• _GOAL OF THE EXERCISE_
Please count the lines in these records that contain "again" and give only that count.

Saved entries:

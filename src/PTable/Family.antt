-- ===== src/PTable/Family.antt =====
-- Join and Exit of threads/ptable.cc step by step, on a parent and its child.
use nachos_assignment.PTable.{
  exited, remove, exit_sleeps, is_exist, joined, exit_wait, exit_known, join_end, join_child,
  join_sleeps, join_wait, exit_update, join_update, PTable, slot, put,
}
use nachos_assignment.PTable.Invariant.{IsCoherent, is_exist_known}
use nachos_assignment.PTable.Block.{Pcb, dec_num_wait, inc_num_wait}
use nachos_assignment.Threads.Semaphore.{Semaphore, p_round, v, append, is_in_list, free_lock}
use nachos_assignment.Threads.Semaphore
use nachos_assignment.Base.{
  ℕ, ◌+◌, ◌-◌, ◌^◌, ◌<◌, ◌≡◌, refl, sym, ap, ◌∙◌, ◌≢◌, false, Option, some, List, [], ◌∷◌, arith,
  ◌==◌, get_elem?, set, length-set, get_elem?-set_self, get_elem?-set_ne, get_elem?_inside,
  set-set_self, set-set_ne, ℤ, pos, ok, ◌>>=◌,
}

-- `c` is a running child of `p`, which nobody has joined.
pub record IsChild (t : PTable) (p c : ℕ) (pp pc : Pcb) : Type 0 where
  pub parent : get_elem? t.pcb p ≡ some (some pp)
  pub child : get_elem? t.pcb c ≡ some (some pc)
  pub apart : p ≢ c
  pub not_main : 0 < c
  pub parent_is : pc.parent_id ≡ pos p
  pub join_new : pc.joinsem ≡ Semaphore.new (pos 0)
  pub exit_new : pc.exitsem ≡ Semaphore.new (pos 0)
  pub waits_few : pp.numwait + 1 < 2 ^ 31

module _ (t : PTable) (p c : ℕ) (pp pc : Pcb) where
  abbrev pub dad : ℕ → Pcb
  dad n = record pp { multex = free_lock; numwait = n }

  abbrev pub kid : Semaphore → Semaphore → ℤ → Pcb
  kid join exit code = record pc {
    joinsem = join;
    exitsem = exit;
    exitcode = code;
    parent_id = pos p;
  }

  -- The table with other blocks for the parent and the child.
  abbrev pub family : Pcb → Pcb → PTable
  family a b = record t { pcb = set (set t.pcb p (some a)) c (some b) }

  module _ (h : IsChild t p c pp pc) where
    pub slot_child : (a b : Pcb) → slot (family a b) (pos c) ≡ ok b
    unfolding slot
    slot_child a b =
        let inside = get_elem?_inside t.pcb c (some pc) h.child in
        rw
          (get_elem?-set_self (set t.pcb p (some a)) c (some b)
            (omega (arith, inside, length-set t.pcb p (some a))))
          refl

    pub slot_parent : (a b : Pcb) → slot (family a b) (pos p) ≡ ok a
    unfolding slot
    slot_parent a b =
        let inside = get_elem?_inside t.pcb p (some pp) h.parent in
        rw
          (
            get_elem?-set_ne (set t.pcb p (some a)) {i = c} {j = p} (some b) (λ e. h.apart (sym e)),
            get_elem?-set_self t.pcb p (some a) inside,
          )
          refl

    pub put_child : (a b b' : Pcb) → put (family a b) (pos c) b' ≡ family a b'
    unfolding put
    put_child a b b' =
        ap (λ l. record t { pcb = l }) (set-set_self (set t.pcb p (some a)) c (some b) (some b'))

    pub put_parent : (a a' b : Pcb) → put (family a b) (pos p) a' ≡ family a' b
    unfolding put
    put_parent a a' b =
        ap (λ l. record t { pcb = l })
          (set-set_ne (set t.pcb p (some a)) c p (some b) (some a') (λ e. h.apart (sym e))
            ∙ ap (λ l. set l c (some b)) (set-set_self t.pcb p (some a) (some a')))

    abbrev pub zero_sem : Semaphore
    zero_sem = Semaphore.new (pos 0)

    -- A semaphore with one thread in its queue.
    abbrev pub held_by : ℕ → Semaphore
    held_by thread = record { value = pos 0; queue = thread ∷ [] }

    abbrev pub one_sem : Semaphore
    one_sem = Semaphore.new (pos 1)

    -- A round of JoinWait by the parent, on a child that has not called Exit, and on one that has.
    pub join_wait_sleeps :
        (a : Pcb) (e : Semaphore) (x : ℤ)
        → join_wait (family a (kid zero_sem e x)) (pos c) p
          ≡ ok (join_sleeps (family a (kid (held_by p) e x)))
    unfolding join_wait p_round append is_in_list
    join_wait_sleeps a e x =
        rw (slot_child a (kid zero_sem e x), put_child a (kid zero_sem e x) (kid (held_by p) e x))
          refl

    pub join_wait_passes :
        (a : Pcb) (q : List ℕ) (e e' : Semaphore) (woken : Option ℕ) (x : ℤ)
        → v e ≡ ok (e', woken)
        → join_wait (family a (kid (record { value = pos 1; queue = q }) e x)) (pos c) p
          ≡ ok (joined (family a (kid (record { value = pos 0; queue = q }) e' x)) x woken)
    unfolding join_wait p_round join_end
    join_wait_passes a q e e' woken x ev =
        rw
          (
            slot_child a (kid (record { value = pos 1; queue = q }) e x),
            put_child a (kid (record { value = pos 1; queue = q }) e x)
                (kid (record { value = pos 0; queue = q }) e x),
            slot_child a (kid (record { value = pos 0; queue = q }) e x),
            ev,
            put_child a (kid (record { value = pos 0; queue = q }) e x)
                (kid (record { value = pos 0; queue = q }) e' x),
          )
          refl

    -- JoinUpdate by the parent comes to a round of JoinWait.
    pub join_update_waits :
        (n : ℕ) (k : Pcb)
        → IsCoherent t
        → n + 1 < 2 ^ 31
        → k.parent_id ≡ pos p
        → join_update (family (dad n) k) (pos c) p ≡ join_wait (family (dad (n + 1)) k) (pos c) p
    unfolding join_update join_child inc_num_wait is_exist p_round v
    join_update_waits n k coherent few of_p =
        let known = is_exist_known t c pc coherent h.child in
        rw (known, slot_child (dad n) k)
          (ground (arith, of_p, slot_parent (dad n) k, put_parent (dad n) (dad (n + 1)) k, few))

    dec_dad : (n thread : ℕ) → dec_num_wait (dad n) thread ≡ ok (dad (n - 1))
    unfolding dec_num_wait p_round v
    dec_dad n thread = refl

    -- A round of ExitWait by the child, when nobody has let it go, and when its parent has.
    pub exit_wait_sleeps :
        (a : Pcb) (j : Semaphore) (x code : ℤ)
        → exit_wait (family a (kid j zero_sem x)) code c
          ≡ ok (exit_sleeps (family a (kid j (held_by c) x)))
    unfolding exit_wait p_round append is_in_list
    exit_wait_sleeps a j x code =
        rw (slot_child a (kid j zero_sem x), put_child a (kid j zero_sem x) (kid j (held_by c) x))
          refl

    pub exit_wait_passes :
        (a : Pcb) (j : Semaphore) (x code : ℤ)
        → exit_wait (family a (kid j one_sem x)) code c
          ≡ (remove (family a (kid j zero_sem x)) c >>= λ t'. ok (exited t' code))
    unfolding exit_wait p_round
    exit_wait_passes a j x code =
        rw (slot_child a (kid j one_sem x), put_child a (kid j one_sem x) (kid j zero_sem x)) refl

    -- ExitUpdate by the child, up to its sleep in ExitWait.
    pub exit_update_sleeps :
        (n : ℕ) (j j' : Semaphore) (woken : Option ℕ) (x code : ℤ)
        → IsCoherent t
        → v j ≡ ok (j', woken)
        → exit_update (family (dad n) (kid j zero_sem x)) code c
          ≡ ok (exit_sleeps (family (dad (n - 1)) (kid j' (held_by c) code)), woken)
    unfolding exit_update exit_known is_exist
    exit_update_sleeps n j j' woken x code coherent ev =
        let known = is_exist_known t c pc coherent h.child in
        let running : (c == 0) ≡ false = ground (arith, h.not_main) in
        rw
          (
            known,
            running,
            slot_child (dad n) (kid j zero_sem x),
            put_child (dad n) (kid j zero_sem x) (kid j zero_sem code),
            slot_parent (dad n) (kid j zero_sem code),
            dec_dad n c,
            put_parent (dad n) (dad (n - 1)) (kid j zero_sem code),
            slot_child (dad (n - 1)) (kid j zero_sem code),
            ev,
            put_child (dad (n - 1)) (kid j zero_sem code) (kid j' zero_sem code),
            exit_wait_sleeps (dad (n - 1)) j' code code,
          )
          refl
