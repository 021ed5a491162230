-- ===== src/Udp/Header/RoundTrip.antt =====
-- `decodeHeader` undoes `encodeHeader`, and the other way round.
use gomcp.Prelude.{
  ℕ, ◌^◌, ◌≤◌, ◌<◌, ◌≡◌, refl, ap, ◌∙◌, ◌↔◌, List, ◌++◌, arith, length, drop, get_or, le→ltb, ok,
}
use gomcp.Udp.Header.{
  PacketHeader, encode_header, decode_header, read_header, uint16_of, uint32_of, byte_at,
  magic_byte1, magic_byte2, header_size,
}

-- The fields fit the types byte, uint32, uint16, uint16 and uint32, and the magic is the protocol's.
pub record IsWire (h : PacketHeader) : Type 0 where
  pub magic : h.magic ≡ (magic_byte1, magic_byte2)
  pub flags : h.flags < 256
  pub message_id : h.message_id < 2 ^ 32
  pub fragment_index : h.fragment_index < 2 ^ 16
  pub total_fragments : h.total_fragments < 2 ^ 16
  pub checksum : h.checksum < 2 ^ 32

pub length-encode_header : (h : PacketHeader) → length (encode_header h) ≡ header_size
unfolding encode_header
length-encode_header h = refl

uint32_of-bytes :
    (v : ℕ) → v < 2 ^ 32 → uint32_of (byte_at 3 v) (byte_at 2 v) (byte_at 1 v) (byte_at 0 v) ≡ v
uint32_of-bytes v h = omega arith

uint16_of-bytes : (v : ℕ) → v < 2 ^ 16 → uint16_of (byte_at 1 v) (byte_at 0 v) ≡ v
uint16_of-bytes v h = omega arith

read-encode :
    (h : PacketHeader) (payload : List ℕ) → IsWire h → read_header (encode_header h ++ payload) ≡ h
unfolding encode_header
read-encode h payload w = λ i. record {
  magic = h.magic;
  flags = h.flags;
  message_id = uint32_of-bytes h.message_id w.message_id i;
  fragment_index = uint16_of-bytes h.fragment_index w.fragment_index i;
  total_fragments = uint16_of-bytes h.total_fragments w.total_fragments i;
  checksum = uint32_of-bytes h.checksum w.checksum i;
}

-- A packet of at least the header's size whose first bytes are the magic is read.
pub decode_header-ok :
    (bytes : List ℕ)
    → header_size ≤ length bytes
    → get_or bytes 0 0 ≡ magic_byte1
    → get_or bytes 1 0 ≡ magic_byte2
    → decode_header bytes ≡ ok (read_header bytes)
unfolding decode_header
decode_header-ok bytes long m1 m2 = rw (le→ltb (length bytes) 15 long, m1, m2)

-- Whatever payload follows an encoded header, decoding the packet gives that header back, and the
-- bytes behind the header are the payload.
pub decode-encode :
    (h : PacketHeader) (payload : List ℕ)
    → IsWire h
    → (decode_header (encode_header h ++ payload) ≡ ok h)
      × (drop header_size (encode_header h ++ payload) ≡ payload)
unfolding encode_header
decode-encode h payload w = (
  decode_header-ok (encode_header h ++ payload) (omega arith) (ap (λ m. m.0) w.magic)
        (ap (λ m. m.1) w.magic)
      ∙ ap ok (read-encode h payload w),
  refl,
)

-- `decodeHeader` accepts exactly the packets of at least 15 bytes that begin with the magic.
pub decode_header-accepts :
    (bytes : List ℕ)
    → ((h : PacketHeader) × (decode_header bytes ≡ ok h)) ↔ (
        (header_size ≤ length bytes)
        × (get_or bytes 0 0 ≡ magic_byte1)
        × (get_or bytes 1 0 ≡ magic_byte2))
unfolding decode_header
decode_header-accepts bytes = (
  λ (h, e). (ground arith, ground arith, ground arith),
  λ (long, m1, m2). (read_header bytes, decode_header-ok bytes long m1 m2),
)
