-- ===== src/Udp/Receive/Packets.antt =====
-- How `processPacket` takes the packets that the sender builds.
use gomcp.Prelude.{
  bit_and, ℕ, ◌-◌, ◌^◌, ◌<◌, ◌≡◌, refl, ◌∙◌, Bool, true, false, List, ◌++◌, eqb, eqb_refl, arith,
}
use gomcp.Udp.Crc.{crc32, crc32-lt}
use gomcp.Udp.Header.{
  PacketHeader, encode_header, flag_ack, flag_single_fragment, flag_reliable, flag_last_fragment,
}
use gomcp.Udp.Header.RoundTrip.{IsWire, decode-encode}
use gomcp.Udp.Transport.{Transport, done, push_read}
use gomcp.Udp.Send.{single_packet, single_header, fragment_packet, fragment_header, with_flag}
use gomcp.Udp.Receive.{process_packet, dispatch, handle_fragment, ack_if_reliable}

-- A packet whose header fits its fields and carries the payload's checksum is dispatched.
pub process-dispatch :
    (now : ℕ) (h : PacketHeader) (payload : List ℕ) (t : Transport)
    → IsWire h
    → h.checksum ≡ crc32 payload
    → process_packet now (encode_header h ++ payload) t ≡ dispatch now h payload t
unfolding process_packet
process-dispatch now h payload t w c =
    rw ((decode-encode h payload w).0, process_packet)
      (rw ((decode-encode h payload w).1, ← c, eqb_refl h.checksum))

fragment_flags :
    (reliable last : Bool)
    → let flags = with_flag reliable flag_reliable (with_flag last flag_last_fragment 0) in
      (flags < 256) × (bit_and flags flag_ack ≡ 0) × (bit_and flags flag_single_fragment ≡ 0)
fragment_flags true true = (omega arith, refl, refl)
fragment_flags true false = (omega arith, refl, refl)
fragment_flags false true = (omega arith, refl, refl)
fragment_flags false false = (omega arith, refl, refl)

fragment_header-IsWire :
    (reliable : Bool) (id total i : ℕ) (fragment : List ℕ)
    → id < 2 ^ 32
    → IsWire (fragment_header reliable id total i fragment)
fragment_header-IsWire reliable id total i fragment h = record {
  magic = refl;
  flags = (fragment_flags reliable (eqb i (total - 1))).0;
  message_id = h;
  fragment_index = omega arith;
  total_fragments = omega arith;
  checksum = crc32-lt fragment;
}

-- A fragment is stored.
pub process-fragment :
    (reliable : Bool) (id total i now : ℕ) (fragment : List ℕ) (t : Transport)
    → id < 2 ^ 32
    → process_packet now (fragment_packet reliable id total i fragment) t
      ≡ (handle_fragment now (fragment_header reliable id total i fragment) fragment t, done)
unfolding fragment_packet dispatch
process-fragment reliable id total i now fragment t h =
    process-dispatch now header fragment t (fragment_header-IsWire reliable id total i fragment h)
      refl
    ∙ rw (
      (fragment_flags reliable (eqb i (total - 1))).1,
      (fragment_flags reliable (eqb i (total - 1))).2,
    )
  where
    header : PacketHeader
    header = fragment_header reliable id total i fragment

single_flags :
    (reliable : Bool)
    → let flags = with_flag reliable flag_reliable flag_single_fragment in
      (flags < 256) × (bit_and flags flag_ack ≡ 0) × (bit_and flags flag_single_fragment ≡ 8)
single_flags true = (omega arith, refl, refl)
single_flags false = (omega arith, refl, refl)

-- A message in one packet goes to the readers.
pub process-single :
    (reliable : Bool) (id now : ℕ) (message : List ℕ) (t : Transport)
    → id < 2 ^ 32
    → process_packet now (single_packet reliable id message) t
      ≡ (ack_if_reliable (single_header reliable id message) (push_read message t), done)
unfolding single_packet dispatch
process-single reliable id now message t h =
    process-dispatch now (single_header reliable id message) message t
      (record {
        magic = refl;
        flags = (single_flags reliable).0;
        message_id = h;
        fragment_index = omega arith;
        total_fragments = omega arith;
        checksum = crc32-lt message;
      })
      refl
    ∙ rw ((single_flags reliable).1, (single_flags reliable).2)
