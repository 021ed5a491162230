-- ===== src/Udp/Faults.antt =====
-- Behaviour of the reliable mode that its comments do not promise.
use gomcp.Prelude.{
  bit_or, bit_and, not, eqb_refl, insert, ℤ, ℕ, suc, ◌+◌, ◌-◌, ◌^◌, ◌<◌, ◌≡◌, refl, sym, ap, ◌∙◌,
  Bool, true, false, none, some, inl, inr, List, [], ◌∷◌, ◌++◌, append-nil, eqb, if◌then◌else◌,
  arith, length, lookup, nat_key, lookup-insert_self, Bool-cases,
}
use gomcp.Udp.Crc.{crc32}
use gomcp.Udp.Header.{
  PacketHeader, encode_header, header_size, magic_byte1, magic_byte2, flag_ack, flag_cumulative,
  flag_reliable, flag_last_fragment,
}
use gomcp.Udp.Reliability.{
  ReliabilityManager, PendingMessage, is_none, handle_ack, create_ack_packet, track_message,
  tracked, retransmit_message, retransmit_packet, attempted,
}
use gomcp.Udp.Reliability.Acks.{lookup-handle_ack}
use gomcp.Udp.Reliability.Retries.{retransmit-resends, lookup-track}
use gomcp.Udp.Transport.{Transport, Error, reassembly_queue_full, push_err, panic, write_packet}
use gomcp.Udp.Send.{Network, send_fragmented_message, fragment_packet, fragment_header, with_flag}
use gomcp.Udp.Receive.{
  process_packet, dispatch, process_ack, has_manager, handle_fragment, ack_if_reliable, send_ack,
  queue_reassembly, has_flag, stored, store,
}
use gomcp.Udp.Receive.Packets.{process-dispatch, process-fragment}

-- The header of an acknowledgment.
abbrev ack_header : ℕ → Bool → PacketHeader
ack_header id cumulative = record {
  magic = (magic_byte1, magic_byte2);
  flags = if cumulative then bit_or flag_ack flag_cumulative else flag_ack;
  message_id = id;
  fragment_index = 0;
  total_fragments = 0;
  checksum = 0;
}

ack_flags :
    (cumulative : Bool)
    → let flags = if cumulative then bit_or flag_ack flag_cumulative else flag_ack in
      (flags < 256) × (bit_and flags flag_ack ≡ 1)
ack_flags true = (omega arith, refl)
ack_flags false = (omega arith, refl)

process-ack :
    (now id : ℕ) (cumulative : Bool) (t : Transport)
    → id < 2 ^ 32
    → process_packet now (create_ack_packet id cumulative) t
      ≡ process_ack now (ack_header id cumulative) t
unfolding create_ack_packet dispatch crc32
process-ack now id cumulative t h =
    ap (λ w. process_packet now w t) (sym (append-nil (encode_header header)))
    ∙ process-dispatch now header [] t
        (record {
          magic = refl;
          flags = (ack_flags cumulative).0;
          message_id = h;
          fragment_index = omega arith;
          total_fragments = omega arith;
          checksum = omega arith;
        })
        refl
    ∙ rw ((ack_flags cumulative).1)
  where
    header : PacketHeader
    header = ack_header id cumulative

-- A server with reliability on, whose listening socket has no remote address, panics on any
-- acknowledgment.
pub server_ack_panics :
    (now id : ℕ) (cumulative : Bool) (t : Transport) (rm : ReliabilityManager)
    → id < 2 ^ 32
    → t.is_server ≡ true
    → t.remote_addr ≡ none
    → t.reliability_enabled ≡ true
    → t.reliability_manager ≡ some rm
    → process_packet now (create_ack_packet id cumulative) t ≡ (t, panic)
unfolding process_ack
server_ack_panics now id cumulative t rm h server addr on e =
    process-ack now id cumulative t h ∙ ground arith

process_ack-client :
    (now : ℕ) (h : PacketHeader) (t : Transport) (rm : ReliabilityManager)
    → t.is_server ≡ false
    → t.reliability_enabled ≡ true
    → t.reliability_manager ≡ some rm
    → (process_ack now h t).0.reliability_manager ≡ some (handle_ack rm now h t.addr)
unfolding process_ack
process_ack-client now h t rm client on e = ground arith

wire-push_err : (e : Error) (t : Transport) → (push_err e t).wire ≡ t.wire
unfolding push_err
wire-push_err e t = ground arith

wire-queue : (id : ℕ) (t : Transport) → (queue_reassembly id t).wire ≡ t.wire
unfolding queue_reassembly
wire-queue id t = ground (arith, wire-push_err (reassembly_queue_full id) t)

wire-ack_if_reliable :
    (h : PacketHeader) (t : Transport)
    → has_flag flag_reliable h ≡ true
    → has_manager t ≡ true
    → (ack_if_reliable h t).wire ≡ t.wire ++ (create_ack_packet h.message_id false ∷ [])
unfolding ack_if_reliable send_ack write_packet
wire-ack_if_reliable h t f m = rw (f, m)

wire-handle_fragment :
    (now : ℕ) (h : PacketHeader) (payload : List ℕ) (t : Transport)
    → has_flag flag_reliable h ≡ true
    → has_manager t ≡ true
    → (handle_fragment now h payload t).wire ≡ t.wire ++ (create_ack_packet h.message_id false ∷ [])
unfolding handle_fragment
wire-handle_fragment now h payload t f m =
    elim (Bool-cases (eqb (length (stored now h payload t)) h.total_fragments)) [
      | inl full ↦ rw full (
          wire-queue h.message_id (ack_if_reliable h (store now h payload t))
          ∙ wire-ack_if_reliable h (store now h payload t) f m)
      | inr more ↦ rw more (wire-ack_if_reliable h (store now h payload t) f m)
    ]

reliable_flag :
    (last : Bool)
    → bit_and (with_flag true flag_reliable (with_flag last flag_last_fragment 0)) flag_reliable ≡ 2
reliable_flag true = refl
reliable_flag false = refl

-- A single fragment, of however many, is acknowledged under the id of the whole message; and that
-- acknowledgment makes a client with reliability on forget the whole message, so that a fragment
-- that was lost is never sent again.
pub fragment_ack_forgets_message :
    (now later id total i : ℕ) (fragment : List ℕ) (receiver sender : Transport)
    (rm : ReliabilityManager)
    → id < 2 ^ 32
    → has_manager receiver ≡ true
    → sender.is_server ≡ false
    → sender.reliability_enabled ≡ true
    → sender.reliability_manager ≡ some rm
    → is_none rm.level ≡ false
    → let ack = create_ack_packet id false in
      ((process_packet now (fragment_packet true id total i fragment) receiver).0.wire
        ≡ receiver.wire ++ (ack ∷ []))
      × (rm' : ReliabilityManager) × ((process_packet later ack sender).0.reliability_manager
          ≡ some rm')
      × (lookup id rm'.pending_messages ≡ none)
fragment_ack_forgets_message now later id total i fragment receiver sender rm h m client on e
      level =
    (
      ap (λ r. r.0.wire) (process-fragment true id total i now fragment receiver h)
          ∙ wire-handle_fragment now header fragment receiver
              (ap (λ (k : ℕ). not (eqb k 0)) (reliable_flag (eqb i (total - 1)))) m,
      handle_ack rm later (ack_header id false) sender.addr,
      ap (λ r. r.0.reliability_manager) (process-ack later id false sender h)
          ∙ process_ack-client later (ack_header id false) sender rm client on e,
      (lookup-handle_ack rm later (ack_header id false) sender.addr id sender.addr level).0
          ∙ rw (eqb_refl id),
    )
  where
    header : PacketHeader
    header = fragment_header true id total i fragment

send_fragmented-manager :
    (net : Network) (id : ℕ) (message : List ℕ) (p : ℤ) (t : Transport)
    → (send_fragmented_message net id message p t).0.reliability_manager ≡ t.reliability_manager
unfolding send_fragmented_message
send_fragmented-manager net id message p t = ground arith

-- The one packet of a message that was tracked without its fragments.
length-retransmit :
    (pm : PendingMessage) → length (retransmit_packet pm) ≡ header_size + length pm.content
unfolding retransmit_packet encode_header
length-retransmit pm = omega arith

-- A message that was too long for one packet is sent again as one packet all the same: with
-- reliability on and a positive retry limit, the first retransmission of a tracked message with
-- more bytes than `q + 1` is a single packet that is longer than a packet of that room may be.
pub retransmit_oversized :
    (rm : ReliabilityManager) (now later id q : ℕ) (message : List ℕ)
    → is_none rm.level ≡ false
    → 0 < rm.retry_limit
    → suc q < length message
    → (packet : List ℕ) × ((retransmit_message (track_message rm now id message []) true later id).1
        ≡ packet ∷ [])
      × (header_size + suc q < length packet)
retransmit_oversized rm now later id q message on limit long = (
  retransmit_packet (attempted later pm),
  ap (λ m. (retransmit_message m true later id).1) (lookup-track rm now id message [] on)
      ∙ ap (λ r. r.1)
          (retransmit-resends tracking true later id pm
            (lookup-insert_self id pm rm.pending_messages) refl limit),
  omega (arith, length-retransmit (attempted later pm)),
)
  where
    pm : PendingMessage
    pm = tracked rm now id message []

    tracking : ReliabilityManager
    tracking = record rm { pending_messages = insert id pm rm.pending_messages }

• _WRITTEN REPLY_
2